Stored data
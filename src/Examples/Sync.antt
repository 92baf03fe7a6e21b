-- ===== src/Examples/Sync.antt =====
-- Syncing the objects of a rule.
use cluster_registry_control.Common.{
  put, ◌≡◌, ◌≢◌, refl, ◌↔◌, ◌⊎◌, inl, true, false, eq_iff, none, some, [], ◌∷◌, arith, get, has,
  index, In, ok, ◌||◌, ◌==◌,
}
use cluster_registry_control.Examples.Samples.{
  simple, secret, secret_kind, secrets_rule, version_rule, secrets_spec, busy,
}
use cluster_registry_control.Api.Object.{Object, Machinery}
use cluster_registry_control.Api.Rules.{
  match_spec, match_rules, match_rule, match_first, match_object, get_mutation_overrides,
  get_mutation_sync_status, not_an_object,
}
use cluster_registry_control.Clusters.Manager.{Manager, get_alive_clusters_by_id}
use cluster_registry_control.Controllers.Sync.{
  SyncReconciler, ownership_annotation, sync_disabled_annotation, is_owned_by_another_alive_cluster,
  should_create, should_update,
}
use cluster_registry_control.Controllers.Sync.Ownership.{IsOther, owner_of, desired_state_iff}
use cluster_registry_control.Controllers.Sync.Mutate.{Patching, mutate_metadata, mutate_object}
use cluster_registry_control.Controllers.Sync.Mutate.Annotations.{
  expected_annotation, with_owner, label_of_rules, mutate_object_lem, mutate_object-owner,
}
use cluster_registry_control.Controllers.Sync.Reconcile.{
  Servers, found, deleted, reconciled, no_requeue, deletes, delete_resource, sync_object, reconcile,
  find_local, finish, write_object, limit_rate, check_namespace, sync_matched,
}
use cluster_registry_control.Controllers.Sync.PreCheck.{Review}
use cluster_registry_control.Controllers.Sync.Reconcile.Runs.{
  MayDelete, delete_resource_iff, match_error_is_swallowed, IsSynced, reconcile_writes_copies,
}

abbrev registry : Manager
registry = record {
  clusters = ("c1", 0) ∷ [];
  on_before_add_funcs = [];
  on_before_delete_funcs = [];
  on_after_add_funcs = [];
  on_after_delete_funcs = [];
  heap = λ h. busy;
  calls = [];
}

-- Syncs from the cluster "u2" to the cluster "u0"; the cluster "u1" is alive too.
abbrev syncer : SyncReconciler
syncer = record {
  gvk = secret_kind;
  local_gvk = secret_kind;
  local_cluster_id = "u0";
  clusters_manager = registry;
  cluster_id = "u2";
  rule = secrets_spec;
  rule_uid = "r";
  local_informers = [];
  resource_name_mutated = false;
  resource_namespace_mutated = false;
}

abbrev patching : Patching
patching = record {
  list_clusters = none;
  execute = λ obj synced here patch. ok patch;
  patch = λ gvk patches obj. ok obj;
  dropped_annotations = "last-applied" ∷ [];
}

abbrev copied : Object
copied = record secret { annotations = (ownership_annotation, "u2") ∷ [] }

abbrev servers : Servers
servers = record {
  get_remote = λ namespace name. found secret;
  get_local = λ gvk namespace name. found copied;
  list_local = λ gvk namespace name owner. some [];
  delete_local = λ obj. deleted;
  get_namespace = λ name. found tt;
  rate_limit = none;
  reconcile_resource = λ obj create update. reconciled;
  update_status = λ obj. true;
}

mutate_object-owner_example :
    let copy = mutate_metadata simple patching syncer secret (version_rule ∷ []) in
    (mutate_object simple patching syncer secret (version_rule ∷ []) ≡ ok (syncer, copy))
    × (copy.name ≡ secret.name)
    × (copy.namespace ≡ secret.namespace)
    × (copy.owner_references ≡ [])
    × (copy.finalizers ≡ [])
    × (copy.resource_version ≡ "")
    × (index ownership_annotation copy.annotations ≢ "")
    × (index ownership_annotation copy.labels ≢ "")
unfolding get_mutation_overrides
mutate_object-owner_example =
    mutate_object-owner simple patching syncer secret (version_rule ∷ []) refl
      (ground (arith, eq_iff "u2" "")) refl

mutate_object_example :
    let rules = version_rule ∷ [] in
    let copy = mutate_metadata simple patching syncer secret rules in
    (mutate_object simple patching syncer secret rules ≡ ok (syncer, copy))
    × (get "synced" copy.annotations
        ≡ expected_annotation simple patching syncer secret rules "synced")
    × (get "synced" copy.labels
        ≡ with_owner simple patching syncer secret rules "synced"
            (label_of_rules simple patching syncer secret rules "synced"))
unfolding get_mutation_overrides
mutate_object_example =
    mutate_object_lem simple patching syncer secret (version_rule ∷ []) "synced" refl

desired_state_example :
    ((should_update simple syncer copied ≡ some true) ↔ (
      (has sync_disabled_annotation copied.annotations ≡ false)
      × (owner_of copied ≢ "")
      × (¬ IsOther syncer (owner_of copied))))
    × ((should_create simple syncer copied ≡ some true) ↔ (
        (has sync_disabled_annotation copied.annotations ≡ false)
        × ((owner_of copied ≡ "") ⊎ ("u0" ≢ owner_of copied))
        × (¬ IsOther syncer (owner_of copied))))
desired_state_example = desired_state_iff simple syncer copied refl

abbrev ours : Object
ours = record secret { annotations = (ownership_annotation, "u0") ∷ [] }

delete_resource_example : In (deletes copied) (delete_resource servers syncer secret).0 ↔ (
    (current : Object) × (deletes copied ≡ deletes current)
    × MayDelete servers syncer secret current)
delete_resource_example = delete_resource_iff servers syncer secret (deletes copied)

delete_test : (delete_resource servers syncer secret).0 ≡ deletes copied ∷ []
unfolding delete_resource find_local get put is_owned_by_another_alive_cluster
    get_alive_clusters_by_id
delete_test = refl

-- A library in which no object gives access to its metadata.
abbrev blind : Machinery
blind = record simple { accessor = λ obj. false }

match_error_is_swallowed_example :
    sync_object blind patching servers "registry" "s" syncer secret ≡ (syncer, ([], ok no_requeue))
unfolding match_spec match_rules match_rule match_first match_object
match_error_is_swallowed_example =
    match_error_is_swallowed blind patching servers syncer "registry" "s" secret not_an_object refl

abbrev synced : Object
synced = mutate_metadata simple patching syncer secret (secrets_rule ∷ [])

reconcile_writes_copies_example : IsSynced simple patching servers syncer "registry" "s" synced
unfolding reconcile sync_object sync_matched check_namespace limit_rate write_object finish
    match_spec match_rules match_rule match_first match_object mutate_object get_mutation_overrides
    get_mutation_sync_status
reconcile_writes_copies_example =
    reconcile_writes_copies simple patching servers syncer secret "registry" "s" synced (inl refl)

-- Reading is allowed, and writing is not.
abbrev reader : Review
reader a = some (a.verb == "get" || a.verb == "list" || a.verb == "watch")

* _Task item_:
Give back the records above exactly, limited to the lines between the one holding "with_owner simple patching" and the one holding "((should_create simple syncer", inclusive.

* _Task answer_:
        ≡ with_owner simple patching syncer secret rules "synced"
            (label_of_rules simple patching syncer secret rules "synced"))
unfolding get_mutation_overrides
mutate_object_example =
    mutate_object_lem simple patching syncer secret (version_rule ∷ []) "synced" refl

desired_state_example :
    ((should_update simple syncer copied ≡ some true) ↔ (
      (has sync_disabled_annotation copied.annotations ≡ false)
      × (owner_of copied ≢ "")
      × (¬ IsOther syncer (owner_of copied))))
    × ((should_create simple syncer copied ≡ some true) ↔ (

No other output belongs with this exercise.